[Dataset content Boundary: Start]

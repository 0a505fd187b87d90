-- ===== src/Shared/Store/Tests.antt =====
-- A run of a save and a load.
use userface.Base.{ℕ, ◌≡◌, arith, List, [], ◌∷◌, ◌++◌, take, true, none, some, if◌then◌else◌}
use userface.Shared.Store.{state_magic, header_bytes, Answers, save_blob, nothing, load_blob}
use userface.Shared.Store.Load.{load_blob-save_blob}

abbrev all_well : Answers
all_well = record {
  opened = true;
  header_written = true;
  data_written = true;
  closed = true;
  renamed = true;
}

abbrev content : List ℕ
content = 1 ∷ 2 ∷ 3 ∷ []

load_blob-save_blob_example :
    let saved = save_blob all_well content none in
    (load_blob 100 saved.1
      ≡ (if saved.0 then record { version = 2; payload = content } else load_blob 100 none))
    × (saved.0 ≡ true)
    × (load_blob 100 (some (header_bytes state_magic 2 3 ++ take 2 content)) ≡ nothing)
load_blob-save_blob_example =
    load_blob-save_blob all_well 100 2 content none (omega arith) (omega arith) (omega arith)
      (omega arith)
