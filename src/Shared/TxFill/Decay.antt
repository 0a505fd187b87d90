-- ===== src/Shared/TxFill/Decay.antt =====
-- The decay of a held sample.
use userface.Base.{
  ℕ, zero, suc, ◌-◌, ◌^◌, ◌≤◌, ◌<◌, ◌≡◌, ◌⊎◌, inl, inr, refl, arith, ltb, if◌then◌else◌,
}
use userface.Shared.TxFill.{shift_8, decay}

unfoldable pub decay_times : ℕ → ℕ → ℕ
decay_times zero x = x
decay_times (suc n) x = decay_times n (decay x)

-- How far an i32 is from zero.
abbrev pub distance : ℕ → ℕ
distance x = if ltb x (2 ^ 31) then x else 2 ^ 32 - x

decay_step :
    (x : ℕ)
    → x < 2 ^ 32
    → (decay x < 2 ^ 32) × ((x < 256) ⊎ (distance (decay x) < distance x)) × ((x < 256) ⊎ (256 ≤ x))
unfolding decay shift_8
decay_step x h = (omega arith, ground arith, ground arith)

decay_stays : (x : ℕ) → x < 256 → decay x ≡ x
unfolding decay shift_8
decay_stays x h = ground arith

decay_times_small : (n x : ℕ) → x < 256 → decay_times n x ≡ x
unfolding decay_times
decay_times_small zero x h = refl
decay_times_small (suc n) x h = rw (decay_stays x h) (decay_times_small n x h)

-- A held sample fades out: after as many steps as its distance from zero, or more, what is left is
-- not negative and below 256, so that the encoder's shift by 8 makes it zero.
pub decay_times-silent : (n x : ℕ) → x < 2 ^ 32 → distance x ≤ n → decay_times n x < 256
unfolding decay_times
decay_times-silent zero x hx h = ground arith
decay_times-silent (suc n) x hx h =
    let st = decay_step x hx in
    elim st.2 [
      | inl small ↦ rw (decay_stays x small, decay_times_small n x small) small
      | inr big ↦ decay_times-silent n (decay x) st.0 (ground arith)
    ]
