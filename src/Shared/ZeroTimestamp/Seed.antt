-- ===== src/Shared/ZeroTimestamp/Seed.antt =====
-- The seed: it moves only when the device clock is gained, lost, or restarts.
use userface.Base.{
  ℕ, ◌+◌, ◌*◌, ◌/◌, ◌≤◌, ◌<◌, ◌≡◌, ◌≢◌, ◌⊎◌, inl, inr, refl, ◌∙◌, sym, ap, Bool, true, false, ◌&&◌,
  subst, arith, u64, Bool-cases,
}
use userface.Base.Int.{ℤ, pos, ltb_ℤ, ◌+ℤ◌, ◌-ℤ◌}
use userface.Shared.ZeroTimestamp.{
  Clock, Input, Reading, not_finite, below_zero, frames, start, graft, advance, adopt, follow,
  drop_stale, free_run, settle, next, stamp, stale_ticks, plausible,
}

-- The device's frame count, rounded down to a period, is below the last one seen.
abbrev pub Restarts : Clock → Input → Type 0
Restarts c i = (n : ℕ) × (i.dev_sample ≡ frames n) × (n / c.period * c.period < c.dev_sample_seen)

adopt-seed :
    (n dev_host : ℕ) (c : Clock)
    → (((adopt n dev_host c).seed ≡ c.seed) × ((adopt n dev_host c).locked ≡ c.locked))
      ⊎ (((adopt n dev_host c).seed ≡ u64 (c.seed + 1))
          × ((adopt n dev_host c).locked ≡ true)
          × ((c.locked ≡ false) ⊎ (n / c.period * c.period < c.dev_sample_seen)))
unfolding adopt graft advance
adopt-seed n dev_host c = ground arith

settle-seed :
    (now : ℕ) (c : Clock)
    → (((settle now c).seed ≡ c.seed) × ((settle now c).locked ≡ c.locked))
      ⊎ (((settle now c).seed ≡ u64 (c.seed + 1))
          × (c.locked ≡ true)
          × ((settle now c).locked ≡ false))
unfolding settle drop_stale free_run
settle-seed now c = ground arith

-- A grafted anchor lies one period ahead, so it is taken unless its host time is the older one.
graft_ahead : (z : ℤ) (p s : ℕ) → 0 < p → ltb_ℤ z (pos s +ℤ (z +ℤ pos p -ℤ pos s)) ≡ true
unfolding ◌+ℤ◌ ◌-ℤ◌
graft_ahead z p s h = ground arith

adopt-host-fresh :
    (n dev_host : ℕ) (c : Clock)
    → 0 < c.period
    → (c.locked ≡ false) ⊎ (n / c.period * c.period < c.dev_sample_seen)
    → dev_host ≤ (adopt n dev_host c).host
unfolding adopt graft advance
adopt-host-fresh n dev_host c h k =
    ground (arith, graft_ahead c.sample c.period (n / c.period * c.period) h)

adopt-stale_ticks : (n dev_host : ℕ) (c : Clock) → stale_ticks (adopt n dev_host c) ≡ stale_ticks c
unfolding adopt graft advance stale_ticks
adopt-stale_ticks n dev_host c = ground arith

-- An anchor within the window is kept.
settle-fresh :
    (now : ℕ) (c : Clock)
    → now ≤ c.host + stale_ticks c
    → ((settle now c).seed ≡ c.seed) × ((settle now c).locked ≡ c.locked)
unfolding settle drop_stale free_run
settle-fresh now c h = ground arith

plausible-near :
    (c : Clock) (now n dev_host : ℕ)
    → plausible c now (frames n) dev_host ≡ true
    → now ≤ dev_host + stale_ticks c
unfolding plausible
plausible-near c now n dev_host h = ground arith

both : (a b : Bool) → (a && b) ≡ true → b ≡ true
both a b h = ground arith

-- What a call does to the seed and the lock.
Moves : Clock → Input → Clock → Type 0
Moves c i d =
    ((d.seed ≡ c.seed) × (d.locked ≡ c.locked))
    ⊎ ((d.seed ≡ u64 (c.seed + 1)) × ((d.locked ≢ c.locked) ⊎ ((d.locked ≡ true) × Restarts c i)))

taken-Moves :
    (i : Input) (c : Clock) (n : ℕ)
    → 0 < c.period
    → i.dev_sample ≡ frames n
    → plausible c i.now (frames n) i.dev_host ≡ true
    → Moves c i (settle i.now (adopt n i.dev_host c))
unfolding Moves
taken-Moves i c n h e near = elim (adopt-seed n i.dev_host c) [
  | inl (same, kept) ↦ elim (settle-seed i.now (adopt n i.dev_host c)) [
    | inl (s, l) ↦ inl (s ∙ same, l ∙ kept)
    | inr (s, was, l) ↦
        inr (s ∙ ap (λ (t : ℕ). u64 (t + 1)) same, inl (λ f. cc (sym kept ∙ was, sym f ∙ l)))
  ]
  | inr (moved, on, why) ↦
      let fresh = settle-fresh i.now (adopt n i.dev_host c) (
        omega (
          arith,
          plausible-near c i.now n i.dev_host near,
          adopt-host-fresh n i.dev_host c h why,
          adopt-stale_ticks n i.dev_host c,
        )) in
      elim why [
        | inl off ↦ inr (fresh.0 ∙ moved, inl (λ f. cc (fresh.1 ∙ on, f ∙ off)))
        | inr back ↦ inr (fresh.0 ∙ moved, inr (fresh.1 ∙ on, (n, e, back)))
      ]
]

idle-Moves : (i : Input) (c : Clock) → Moves c i (settle i.now c)
unfolding Moves
idle-Moves i c = elim (settle-seed i.now c) [
  | inl same ↦ inl same
  | inr (s, was, l) ↦ inr (s, inl (λ f. cc (was, sym f ∙ l)))
]

follow_cases :
    (i : Input) (c : Clock)
    → (follow i c ≡ c)
      ⊎ ((n : ℕ) × (i.dev_sample ≡ frames n)
          × (plausible c i.now (frames n) i.dev_host ≡ true)
          × (follow i c ≡ adopt n i.dev_host c))
unfolding follow
follow_cases i c = go i.dev_sample i.dev_valid refl refl
  where
    go :
        (r : Reading) (b : Bool)
        → i.dev_sample ≡ r
        → i.dev_valid ≡ b
        → (follow i c ≡ c)
          ⊎ ((n : ℕ) × (i.dev_sample ≡ frames n)
              × (plausible c i.now (frames n) i.dev_host ≡ true)
              × (follow i c ≡ adopt n i.dev_host c))
    go not_finite b e f = inl (rw (e, follow))
    go below_zero b e f = inl (rw (e, follow))
    go (frames n) b e f =
        elim (Bool-cases (i.dev_valid && plausible c i.now (frames n) i.dev_host)) [
          | inl taken ↦ inr (n, e, both i.dev_valid _ taken, rw (e, follow, taken))
          | inr kept ↦ inl (rw (e, follow, kept))
        ]

follow-Moves : (i : Input) (c : Clock) → 0 < c.period → Moves c i (settle i.now (follow i c))
follow-Moves i c h = elim (follow_cases i c) [
  | inl same ↦ subst (λ t. Moves c i (settle i.now t)) (sym same) (idle-Moves i c)
  | inr (n, e, near, same) ↦
      subst (λ t. Moves c i (settle i.now t)) (sym same) (taken-Moves i c n h e near)
]

start-fields :
    (now : ℕ) (c : Clock)
    → let b = start now c in
      (b.seed ≡ c.seed)
      × (b.locked ≡ c.locked)
      × (b.period ≡ c.period)
      × (b.dev_sample_seen ≡ c.dev_sample_seen)
unfolding start
start-fields now c = ground arith

-- A call moves the seed by one, and only when the device clock is gained or lost in it, or when the
-- device's frame count went back below the last one seen; otherwise seed and lock stay.
pub seed_moves :
    (i : Input) (c : Clock)
    → 0 < c.period
    → let d = next i c in
      (((stamp d).stamp_seed ≡ (stamp c).stamp_seed) × (d.locked ≡ c.locked))
      ⊎ (((stamp d).stamp_seed ≡ u64 ((stamp c).stamp_seed + 1))
          × ((d.locked ≢ c.locked) ⊎ ((d.locked ≡ true) × Restarts c i)))
unfolding next stamp Moves
seed_moves i c h =
    let b = start i.now c in
    let (seed, lock, period, seen) = start-fields i.now c in
    elim (follow-Moves i b (omega arith)) [
      | inl (s, l) ↦ inl (s ∙ seed, l ∙ lock)
      | inr (s, inl change) ↦
          inr (s ∙ ap (λ (t : ℕ). u64 (t + 1)) seed, inl (λ f. change (f ∙ sym lock)))
      | inr (s, inr (on, (n, e, back))) ↦
          inr (s ∙ ap (λ (t : ℕ). u64 (t + 1)) seed, inr (on, (n, e, rw (period, seen) at back)))
    ]
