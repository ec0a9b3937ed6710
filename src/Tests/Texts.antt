-- ===== src/Tests/Texts.antt =====
-- Texts of addresses: the address of number n is written as n letters.
use Prim.Native.String.{[], ◌∷◌}
use egressgateway.Prelude.{ℕ, zero, suc, String, ◌≡◌, refl, ap, true, none, ◌-◌, arith}
use egressgateway.Ip.Address.{Ip, nil, v4, v6}
use egressgateway.Ip.Text.{Host, IsHost}
use mathlib.Core.List.Perm

unfoldable pub tally : ℕ → String
tally zero = []
tally (suc n) = "a" ∷ tally n

unfoldable pub letters : String → ℕ
letters [] = zero
letters (c ∷ s) = suc (letters s)

abbrev pub write : Ip → String
write nil = []
write (v4 n) = tally n
write (v6 n) = tally n

abbrev pub tally_host : Host
tally_host = record {
  text = record {
    parse_ip = λ s. v4 (letters s);
    ip_string = write;
    parse_cidr = λ s. none;
    is_ipv4 = λ s. true;
    is_ipv6 = λ s. true;
  };
  runtime = record { range_keys = λ keys. keys; intn = λ n. n - 1 };
  fuel = 8;
}

letters-tally : (n : ℕ) → letters (tally n) ≡ n
unfolding letters tally
letters-tally zero = refl
letters-tally (suc n) = ap suc (letters-tally n)

pub tally_host-IsHost : IsHost tally_host
tally_host-IsHost = record {
  is_text = record { parse_string_v4 = λ n h. ap v4 (letters-tally n) };
  is_runtime = record { range_perm = λ keys. Perm.refl keys; intn_lt = λ n h. omega arith };
}
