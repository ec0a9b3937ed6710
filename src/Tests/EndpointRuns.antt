-- ===== src/Tests/EndpointRuns.antt =====
-- The theorems on endpoint slices, at two slices of at most two endpoints.
use egressgateway.Prelude.{
  inl, inr, refl, true, false, ok, err, not_found, String, List, [], ◌∷◌, ℕ, ◌≡◌, length, All, ◌+◌,
  suc, map, arith, if◌then◌else◌, ltb,
}
use egressgateway.Tests.Texts.{tally_host}
use egressgateway.Ip.Text.{NetText}
use egressgateway.Endpoint.Objects.{
  EgressEndpointSlice, EndpointClient, EndpointConfig, Pod, EgressEndpoint,
}
use egressgateway.Endpoint.Tally.{tally_slices, tally, is_there, addressed}
use egressgateway.Endpoint.Pods.{find_pod, has_key, ips_v4, new_endpoint, ips_v6, endpoint_key}
use egressgateway.Endpoint.Chunks.{all_endpoints, Filled, plan-Filled, create_slices_lem}
use egressgateway.Endpoint.Sync.{sync_slices}
use egressgateway.Api.{ObjectMeta}
use egressgateway.Endpoint.Slices.{create_slices, plan}
use egressgateway.Endpoint.Idle.{sync_slices-idle, Listed, Agrees}
use egressgateway.Endpoint.Fill.{Fits}
use egressgateway.Endpoint.Shares.{untouched, plan-tally}
use egressgateway.Prelude.Sort.{sort_strings}

abbrev pub text : NetText
text = tally_host.text

abbrev pub named : String → String → ObjectMeta
named namespace name = record {
  name = name;
  namespace = namespace;
  labels = [];
  finalizers = [];
  deleting = false;
}

abbrev pod_of : String → List String → Pod
pod_of name ips = record { meta = named "ns" name; pod_ips = ips; node_name = "n1" }

abbrev endpoint_of : String → List String → EgressEndpoint
endpoint_of name ips = record { namespace = "ns"; pod = name; ipv4 = ips; ipv6 = []; node = "n1" }

abbrev pub slice_with : String → List EgressEndpoint → EgressEndpointSlice
slice_with name endpoints = record {
  meta = named "ns" name;
  generate_name = "";
  owners = [];
  endpoints = endpoints;
}

abbrev blank : EgressEndpointSlice
blank = slice_with "" []

-- p1 and p2 are listed, p3 and p4 are new, and gone is no more
abbrev pods : List Pod
pods =
    pod_of "p1" ("a" ∷ [])
    ∷ pod_of "p2" ("aa" ∷ [])
    ∷ pod_of "p3" ("b" ∷ "a" ∷ [])
    ∷ pod_of "p4" ("c" ∷ [])
    ∷ pod_of "p5" []
    ∷ []

abbrev slices : List EgressEndpointSlice
slices =
    slice_with "s1" (endpoint_of "p1" ("a" ∷ []) ∷ endpoint_of "gone" ("b" ∷ []) ∷ [])
    ∷ slice_with "s2" (endpoint_of "p2" ("aa" ∷ []) ∷ [])
    ∷ []

plan-Filled_example :
    (creates : List EgressEndpointSlice) × (create_slices
        (length (plan text 2 pods slices).1)
        2
        blank
        (plan text 2 pods slices).1
      ≡ ok creates)
    × (all_endpoints creates ≡ (plan text 2 pods slices).1)
    × All (Fits 2) (plan text 2 pods slices).0
    × All (Filled 2) creates
plan-Filled_example =
    plan-Filled 2 (omega arith) blank refl text pods slices (omega arith, (omega arith, tt))

create_slices_lem_example :
    (made : List EgressEndpointSlice) × (create_slices 3 2 blank
        (endpoint_of "p1" [] ∷ endpoint_of "p2" [] ∷ endpoint_of "p3" [] ∷ [])
      ≡ ok made)
    × (all_endpoints made ≡ endpoint_of "p1" [] ∷ endpoint_of "p2" [] ∷ endpoint_of "p3" [] ∷ [])
    × All (Filled 2) made
create_slices_lem_example =
    create_slices_lem 2 (omega arith) blank refl 3
      (endpoint_of "p1" [] ∷ endpoint_of "p2" [] ∷ endpoint_of "p3" [] ∷ []) (omega arith)

plan-tally_example :
    tally_slices ("ns", "p3") (plan text 2 pods slices).0
      + tally ("ns", "p3") (plan text 2 pods slices).1
      + tally_slices ("ns", "p3") (untouched text 2 pods slices)
    ≡ (if is_there (find_pod ("ns", "p3") pods)
        then if ltb 0 (tally_slices ("ns", "p3") slices)
          then tally_slices ("ns", "p3") slices
          else addressed ("ns", "p3") text pods
        else 0)
plan-tally_example = plan-tally ("ns", "p3") text 2 pods slices

-- a server that counts the calls
abbrev counting : EndpointClient ℕ
counting = record {
  get_policy = λ ns name s. (err not_found, s);
  list_policies = λ s. (ok [], s);
  list_pods = λ ns f s. (ok pods, s);
  list_namespaces = λ ns f s. (ok [], s);
  get_namespace = λ name s. (err not_found, s);
  list_slices = λ ns f s. (ok slices, s);
  update_slice = λ x s. (ok tt, suc s);
  create_slice = λ x s. (ok tt, suc s);
  delete_slice = λ x s. (ok tt, suc s);
}

abbrev config : EndpointConfig
config = record {
  as_selector = λ o. ok (λ labels. true);
  is_dns_subdomain = λ s. true;
  max_number_endpoint_per_slice = 2;
}

abbrev settled : List EgressEndpointSlice
settled = slice_with "s1" (endpoint_of "p1" ("a" ∷ []) ∷ []) ∷ []

abbrev settled_pods : List Pod
settled_pods = pod_of "p1" ("a" ∷ []) ∷ pod_of "p5" [] ∷ []

settled-Agrees : All (Agrees text settled_pods) (all_endpoints settled)
unfolding all_endpoints find_pod ips_v4 ips_v6 sort_strings
settled-Agrees = ((pod_of "p1" ("a" ∷ []), refl, refl), tt)

settled-Listed : All (Listed text (map endpoint_key (all_endpoints settled))) settled_pods
unfolding all_endpoints has_key new_endpoint ips_v4 ips_v6
settled-Listed = (inl refl, (inr refl, tt))

sync_slices-idle_example :
    sync_slices counting config text blank settled_pods settled 0 ≡ (ok [], 0)
sync_slices-idle_example =
    sync_slices-idle counting config text blank settled_pods settled 0 settled-Agrees settled-Listed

[Dataset content Boundary: End]

- **Goal of the exercise**: State the number of lines in the data above containing the string "Answers" and nothing more.

- **Solution to this exercise**: 2